Problem to solve: Write out exactly the lines below that run from the one containing "pub request : Target → Letter → Sent" through the one containing "let address = judged r in", both included, with no other lines.

+++ Material for this task

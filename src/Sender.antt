-- ===== src/Sender.antt =====
-- Sending webhook deliveries: `WebhookSender` of src/agent_runs/webhooks.py, with the guard of
-- src/agent_runs/egress.py against a subscription that points the service at its own network. The
-- resolver, the HTTP client, the clock, the digest and the JSON encoder are given.
pub mod Checked
use agent_runs.Base.{
  ℕ, String, Bool, true, false, not, ◌&&◌, ◌||◌, Option, none, some, List, [], ◌∷◌, ◌++◌, map,
  contains, leb, ◌==◌, if◌then◌else◌,
}
use agent_runs.Keys.{is_success}
use agent_runs.Outbox.{Delivery, Attempt}
use agent_runs.Signing.{Text, sign}

-- An address as `ipaddress` describes it: `str(address)`, `is_global` and `is_multicast`.
pub record Address : Type 0 where
  pub spelled : String
  pub is_global : Bool
  pub is_multicast : Bool

-- `ip_address(sockaddr[0])`; an IPv6 address may have an IPv4 address mapped into it.
pub data Resolved : Type 0 where
  ipv4 : Address → Resolved
  ipv6 : Address → Option Address → Resolved

-- The address that is judged: a mapped one as itself.
unfoldable pub judged : Resolved → Address
judged (ipv4 address) = address
judged (ipv6 address none) = address
judged (ipv6 address (some mapped)) = mapped

-- The test of `public_addresses`: a global unicast address.
unfoldable pub is_public : Address → Bool
is_public address = not (not address.is_global || address.is_multicast)

-- Why an attempt failed, with what its message names.
pub data Failure : Type 0 where
  refused_scheme : Failure
  unresolved : String → Failure
  not_public : String → String → Failure
  unreachable : String → Failure
  answered : ℕ → Failure

-- How a request of the HTTP client ended: an answer's status, a connection that was refused or timed
-- out, or any other `HTTPError`.
pub data Sent : Type 0 where
  response : ℕ → Sent
  not_connected : String → Sent
  broken : String → Sent

-- `Target`: where one attempt connects, and what its request carries to name the host there: headers,
-- and the one extension the code sets, `sni_hostname`.
pub record Target : Type 0 where
  pub url : String
  pub headers : List (String × String)
  pub sni_hostname : Option String

-- The body and the headers of an attempt.
pub record Letter : Type 0 where
  pub body : Text
  pub event : String
  pub delivery : String
  pub signature : Text

-- What the resolver answers: addresses, or an `OSError` with its text.
pub data Lookup : Type 0 where
  addresses : List Resolved → Lookup
  os_error : String → Lookup

-- What the code calls: `urlparse`, `getaddrinfo`, the URLs of the HTTP library by their text (one with
-- another host, its `netloc` and its `host`), the HTTP client, `json`, the digest, and how a failure is
-- put into words.
pub record Network : Type 0 where
  pub scheme_of : String → String
  pub host_of : String → Option String
  pub getaddrinfo : String → Lookup
  pub with_host : String → String → String
  pub netloc : String → String
  pub host : String → String
  pub request : Target → Letter → Sent
  pub encoded : String → Text
  pub type_of : String → String
  pub event_id_of : String → String
  pub mac : String → Text → Text
  pub in_words : Failure → String

-- The outcome of `public_addresses`, or of `_targets`: the list or the exception.
pub data Found (A : Type 0) : Type 0 where
  found : List A → Found A
  no_host : String → Found A
  refused : String → String → Found A

-- The loop of `public_addresses`, with the addresses kept so far.
unfoldable pub check_all : String → List String → List Resolved → Found String
unfolding judged is_public
check_all host kept [] = found kept
check_all host kept (r ∷ rs) =
    let address = judged r in
    let rest =
      check_all host
        (if contains address.spelled kept then kept else kept ++ (address.spelled ∷ [])) rs in
    if is_public address then rest else refused host address.spelled

unfoldable pub host_or_empty : Option String → String
host_or_empty none = ""
host_or_empty (some host) = host

-- `public_addresses`
unfoldable pub public_addresses : Network → String → Found String
unfolding check_all host_or_empty
public_addresses network url =
    let host = host_or_empty (network.host_of url) in
    elim (network.getaddrinfo host) [
      | addresses resolved ↦ check_all host [] resolved
      | os_error why ↦ no_host why
    ]

-- `pinned`
unfoldable pub pinned : Network → String → String → Target
pinned network url address = record {
  url = network.with_host url address;
  headers = ("Host", network.netloc url) ∷ [];
  sni_hostname = some (network.host url);
}

-- `Target` of a URL alone.
unfoldable pub anywhere : String → Target
anywhere url = record { url = url; headers = []; sni_hostname = none }

-- `_targets`
unfoldable pub targets_of : Bool → Network → String → Found Target
unfolding public_addresses pinned anywhere
targets_of allow_private network url =
    if allow_private then found (anywhere url ∷ []) else elim (public_addresses network url) [
      | found checked ↦ found (map (pinned network url) checked)
      | no_host why ↦ no_host why
      | refused host address ↦ refused host address
    ]

-- `_post`: the targets a request went to, and how the last one ended; with no target the unpacking raises.
unfoldable pub post : Network → Letter → List Target → List Target × Option Sent
post network message [] = ([], none)
post network message (last ∷ []) = (last ∷ [], some (network.request last message))
post network message (target ∷ next ∷ others) =
    let later = post network message (next ∷ others) in
    elim (network.request target message) [
      | not_connected why ↦ (target ∷ later.0, later.1)
      | response status ↦ (target ∷ [], some (response status))
      | broken why ↦ (target ∷ [], some (broken why))
    ]

-- `WEBHOOK_RETRYABLE`
unfoldable pub is_retryable : ℕ → Bool
is_retryable status =
    status == 408
    || (status == 429 || (status == 500 || (status == 502 || (status == 503 || status == 504))))

abbrev pub failed_attempt : Network → Failure → Bool → Attempt
failed_attempt network why again = record { error = some (network.in_words why); retry = again }

-- The attempt a reply makes.
unfoldable pub attempt_of : Network → Sent → Attempt
unfolding is_retryable
attempt_of network (response status) =
    if is_success status
    then record { error = none; retry = false }
    else failed_attempt network (answered status) (is_retryable status)
attempt_of network (not_connected why) = failed_attempt network (unreachable why) true
attempt_of network (broken why) = failed_attempt network (unreachable why) true

-- The body of `send`, its headers and its signature at the time given, in seconds.
unfoldable pub message_of : Network → ℕ → Delivery → Letter
message_of network now delivery = record {
  body = network.encoded delivery.payload;
  event = network.type_of delivery.payload;
  delivery = network.event_id_of delivery.payload;
  signature =
      sign network.mac delivery.secret now (network.encoded delivery.payload)
        delivery.previous_secret;
}

-- `self._schemes`
unfoldable pub is_allowed : Bool → String → Bool
is_allowed allow_http scheme =
    contains scheme (if allow_http then "https" ∷ "http" ∷ [] else "https" ∷ [])

-- `send`: where requests went, and how the attempt went; none where `_post` raises for want of a target.
unfoldable pub send : Bool → Bool → Network → ℕ → Delivery → List Target × Option Attempt
unfolding is_allowed targets_of post attempt_of message_of
send allow_http allow_private network now delivery =
    if is_allowed allow_http (network.scheme_of delivery.url)
    then elim (targets_of allow_private network delivery.url) [
      | no_host why ↦ ([], some (failed_attempt network (unresolved why) true))
      | refused host address ↦ ([], some (failed_attempt network (not_public host address) false))
      | found targets ↦
          let posted = post network (message_of network now delivery) targets in
          elim posted.1 [
            | none ↦ (posted.0, none)
            | some reply ↦ (posted.0, some (attempt_of network reply))
          ]
    ]
    else ([], some (failed_attempt network refused_scheme false))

++++++

Answer space:
  pub request : Target → Letter → Sent
  pub encoded : String → Text
  pub type_of : String → String
  pub event_id_of : String → String
  pub mac : String → Text → Text
  pub in_words : Failure → String

-- The outcome of `public_addresses`, or of `_targets`: the list or the exception.
pub data Found (A : Type 0) : Type 0 where
  found : List A → Found A
  no_host : String → Found A
  refused : String → String → Found A

-- The loop of `public_addresses`, with the addresses kept so far.
unfoldable pub check_all : String → List String → List Resolved → Found String
unfolding judged is_public
check_all host kept [] = found kept
check_all host kept (r ∷ rs) =
    let address = judged r in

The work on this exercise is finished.